A new machine learning technique is boosting algae as a renewable, carbon-neural source of fuel for airplanes and other vehicles typically powered by fossil fuels.
What’s new: Researchers at Texas A&M and the National Renewable Energy Laboratory developed a system that helps algae farmers keep an algal colony growing at top speed.
How it works: Individual algae cells shade out their neighbors if they grow too densely, keeping the colony from taking full advantage of available light. The authors built an algal growth simulator that lets farmers know when to harvest algae to optimize the colony’s density for growth. The training data consisted of grayscale images of algal colonies under six lighting conditions and at 23 intervals over time. Each example included its average algal concentration, and each pixel was labeled with the light intensity.
- The authors trained a separate support-vector regression (SVR) model for each pixel to estimate the light intensity.
- They further labeled each pixel with the SVR’s estimated light intensity and used the relabeled images to train a random forest to predict the average growth rate.
- At inference, these techniques combined to predict algal growth. Given a picture of a colony and its initial algal concentration, the SVRs estimated light intensities per pixel, and the random forest used the estimates to determine how the algae would grow.
Results: The authors found that growth rates across all lighting conditions were at their highest when pixels darkened by algal growth accounted for between 43 percent and 65 percent of an image.
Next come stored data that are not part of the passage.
-- ===== src/Tick/Records.antt =====
-- What a tick becomes in a batch (MarketTick.to_batch_record of apps/listener/models.py). A key that
-- is left out is none.
use brand_sniper_monorepo.Prelude.{
  ℕ, String, Bool, true, false, not, ◌||◌, List, [], ◌∷◌, Option, none, some, if◌then◌else◌,
}
use brand_sniper_monorepo.Tick.{MarketTick, Sticker, observed_at_epoch_ms, is_rest_snapshot}

pub record BatchRecord : Type 0 where
  pub market_hash_name : String
  pub price_cents : ℕ
  pub timestamp : ℕ
  pub observed_at_ms : ℕ
  pub event_type : Option String
  pub listing_id : Option String
  pub float_value : Option ℕ
  pub pattern : Option ℕ
  pub paint_index : Option ℕ
  pub listing_url : Option String
  pub stickers : Option (List Sticker)

abbrev has_stickers : List Sticker → Bool
has_stickers [] = false
has_stickers (_ ∷ _) = true

unfoldable pub to_batch_record : MarketTick → BatchRecord
to_batch_record tick = record {
  market_hash_name = tick.market_hash_name;
  price_cents = tick.price_cents;
  timestamp = tick.timestamp;
  observed_at_ms = observed_at_epoch_ms tick;
  event_type = tick.event_type;
  listing_id = tick.listing_id;
  float_value = tick.float_value;
  pattern = tick.pattern_seed;
  paint_index = tick.paint_index;
  listing_url = tick.listing_url;
  stickers =
      if has_stickers tick.stickers || not (is_rest_snapshot tick)
      then some tick.stickers
      else none;
}

-- A raw feed event; its payload is carried and never read.
pub record FeedEvent (P : Type 0) : Type 0 where
  pub event_type : String
  pub received_at_ms : ℕ
  pub payload : P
They used their system to determine when to harvest indoor and outdoor algae farms. The outdoor farm produced 43.3 grams of biomass per day, the indoor pond 48.1 grams per day. A commercial operation using the authors’ method would produce a biofuel sale price of $281 per ton. That’s comparable to the $260-per-ton price of ethanol derived from corn, which requires expensive processing that algae doesn’t.
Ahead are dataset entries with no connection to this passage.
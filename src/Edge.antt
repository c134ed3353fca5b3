-- ===== src/Edge.antt =====
-- What the edge Redis holds for the rules: the baselines and the sticker prices of each venue
-- (`edge_baseline_payload` of pricing_utils.py, and the hashes that the baseline loader fills).
use brand_sniper_monorepo.Prelude.{ℕ, String, Option, none, some, string_eq}
use brand_sniper_monorepo.Prelude.Dict.{Dict, lookup}
use brand_sniper_monorepo.Prelude.Int.{ℤ}

-- The keys of a baseline document that the rules read; a key that is left out is `none`.
pub record Baseline : Type 0 where
  pub support_floor_cents : Option ℕ
  pub latest_price_cents : Option ℕ
  pub rolling_30d_avg_cents : Option ℕ
  pub volatility_cents : Option ℕ
  pub seller_fee_bps : Option ℤ

-- A stored sticker price: a text that `int` reads, or another.
pub data PriceText : Type 0 where
  cents : ℕ → PriceText
  not_a_number : PriceText

pub record EdgeStore : Type 0 where
  pub baselines : Dict String (Dict String Baseline)
  pub sticker_prices : Dict String (Dict String PriceText)

-- `hget`: none where the hash or its field is missing.
abbrev pub hget {ℓ} : {V : Type ℓ} → String → String → Dict String (Dict String V) → Option V
hget name key hashes = elim (lookup name hashes) [ none ↦ none | some hash ↦ lookup key hash ]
Behind the news: Depending on the species and processing method, algae can be turned into a variety of fuel products including diesel, alcohol, jet fuel, gasoline, hydrogen, and methane. It was first proposed as a source of fuel in the 1950s and has been a growing area of sustainable-energy research since the 1970s. However, algal fuels have made little commercial headway due largely to low yields and the cost of processing harvested biomass.
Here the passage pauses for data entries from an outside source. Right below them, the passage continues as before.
-- ===== src/Actor/Api/Streams/Invariant.antt =====
-- What holds in every state of a stream: what is sent, and how the call ends.
use mathlib.Core.List.{Sublist, map-append}
use mathlib.Core.List.Sublist
use completer.Prelude.{
  ◌≤◌, ◌≡◌, refl, String, List, [], ◌∷◌, ◌++◌, map, length, Bool, true, false, inl, inr, Bool-cases,
  arith, if◌then◌else◌,
}
use completer.Model.Event.{Event}
use completer.Model.Stream.{GraphStreamEvent, GraphLifecycleEvent, graph_lifecycle_event}
use completer.Persistence.Streaming.{StreamEvent}
use completer.Actor.Api.{event_buffer_size}
use completer.Actor.Api.Streams.{
  EventStream, EventReach, on_event, send_event, is_graph_lifecycle_event, has_room,
}
use completer.Actor.Api.Streams.Buffering.{
  stream_event, IsKept, IsKept-buffer, IsKept-skip, IsKept-send, IsKept-drop,
}

-- The stream events of a list, and the lifecycle events of one, each with its flow's ID.
abbrev pub stream_events : (flow_id : String) → List (StreamEvent Event) → List GraphStreamEvent
stream_events flow_id es = map (stream_event flow_id) es

abbrev pub lifecycle_events : List (String × StreamEvent Event) → List GraphLifecycleEvent
lifecycle_events [] = []
lifecycle_events ((flow_id, e) ∷ es) =
    let rest = lifecycle_events es in
    if is_graph_lifecycle_event e
    then graph_lifecycle_event flow_id e.event e.event_index ∷ rest
    else rest

pub lifecycle_events-append :
    (es fs : List (String × StreamEvent Event))
    → lifecycle_events (es ++ fs) ≡ lifecycle_events es ++ lifecycle_events fs
lifecycle_events-append [] fs = refl
lifecycle_events-append ((flow_id, e) ∷ es) fs = ground (arith, lifecycle_events-append es fs)

abbrev IsKeptEvents : String → List (StreamEvent Event) → EventStream → Type 0
IsKeptEvents flow_id es s = IsKept s.sent s.buffer (stream_events flow_id es)

IsKept-on_event :
    (flow_id : String) (es : List (StreamEvent Event)) (e : StreamEvent Event) (s : EventStream)
    → IsKeptEvents flow_id es s
    → IsKeptEvents flow_id (es ++ e ∷ []) (on_event flow_id e s)
unfolding on_event
IsKept-on_event flow_id es e s k = elim (Bool-cases (has_room s.buffer)) [
  | inl q ↦
      rw (q, map-append (stream_event flow_id))
        (IsKept-buffer s.sent s.buffer _ (stream_event flow_id e) q k)
  | inr q ↦
      rw (q, map-append (stream_event flow_id))
        (IsKept-skip s.sent s.buffer _ (stream_event flow_id e) k)
]

IsKept-send_event :
    (sent_ok : Bool) (e : GraphStreamEvent) (rest produced : List GraphStreamEvent)
    (s : EventStream)
    → s.buffer ≡ e ∷ rest
    → IsKept s.sent s.buffer produced
    → IsKept (send_event sent_ok e rest s).sent (send_event sent_ok e rest s).buffer produced
unfolding send_event
IsKept-send_event true e rest produced s b k = IsKept-send s.sent rest s.buffer produced e b k
IsKept-send_event false e rest produced s b k = IsKept-drop s.sent rest s.buffer produced e b k

-- In every state of a stream of a flow's events, at most a thousand events wait to be sent, and
-- those that were sent or wait are some of the events of the callbacks, in their order, each with
-- its index.
pub EventReach-IsKept :
    {flow_id : String} {es : List (StreamEvent Event)} {s : EventStream}
    → EventReach flow_id es s
    → (length s.buffer ≤ event_buffer_size)
      × Sublist (s.sent ++ s.buffer) (stream_events flow_id es)
EventReach-IsKept EventReach.start = (omega arith, Sublist.refl [])
EventReach-IsKept {flow_id} (EventReach.called_back {es} {s} e r q) =
    IsKept-on_event flow_id es e s (EventReach-IsKept r)
EventReach-IsKept (EventReach.taken {s} sent_ok e rest r q l b) =
    IsKept-send_event sent_ok e rest _ s b (EventReach-IsKept r)
EventReach-IsKept (EventReach.client_closed r q l) = EventReach-IsKept r
EventReach-IsKept (EventReach.done_taken err r q l d) = EventReach-IsKept r
EventReach-IsKept (EventReach.stopped err r q l) = EventReach-IsKept r
EventReach-IsKept (EventReach.journal_subscribed r q n) = EventReach-IsKept r
EventReach-IsKept (EventReach.call_returns err r q n d) = EventReach-IsKept r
Why it matters: Converting algae into fuel is attractive because the biomass is renewable, absorbs as much atmospheric carbon as it emits, and works with internal-combustion engines. To date, it hasn’t scaled well. If machine learning can make it more productive, it could revitalize this approach to alternative energy.
We’re thinking: Between this work, Fraunhofer Institute’s similar algal growth system, and Hypergiant’s AI-powered algae bioreactor, machine learning applications for algae are blooming!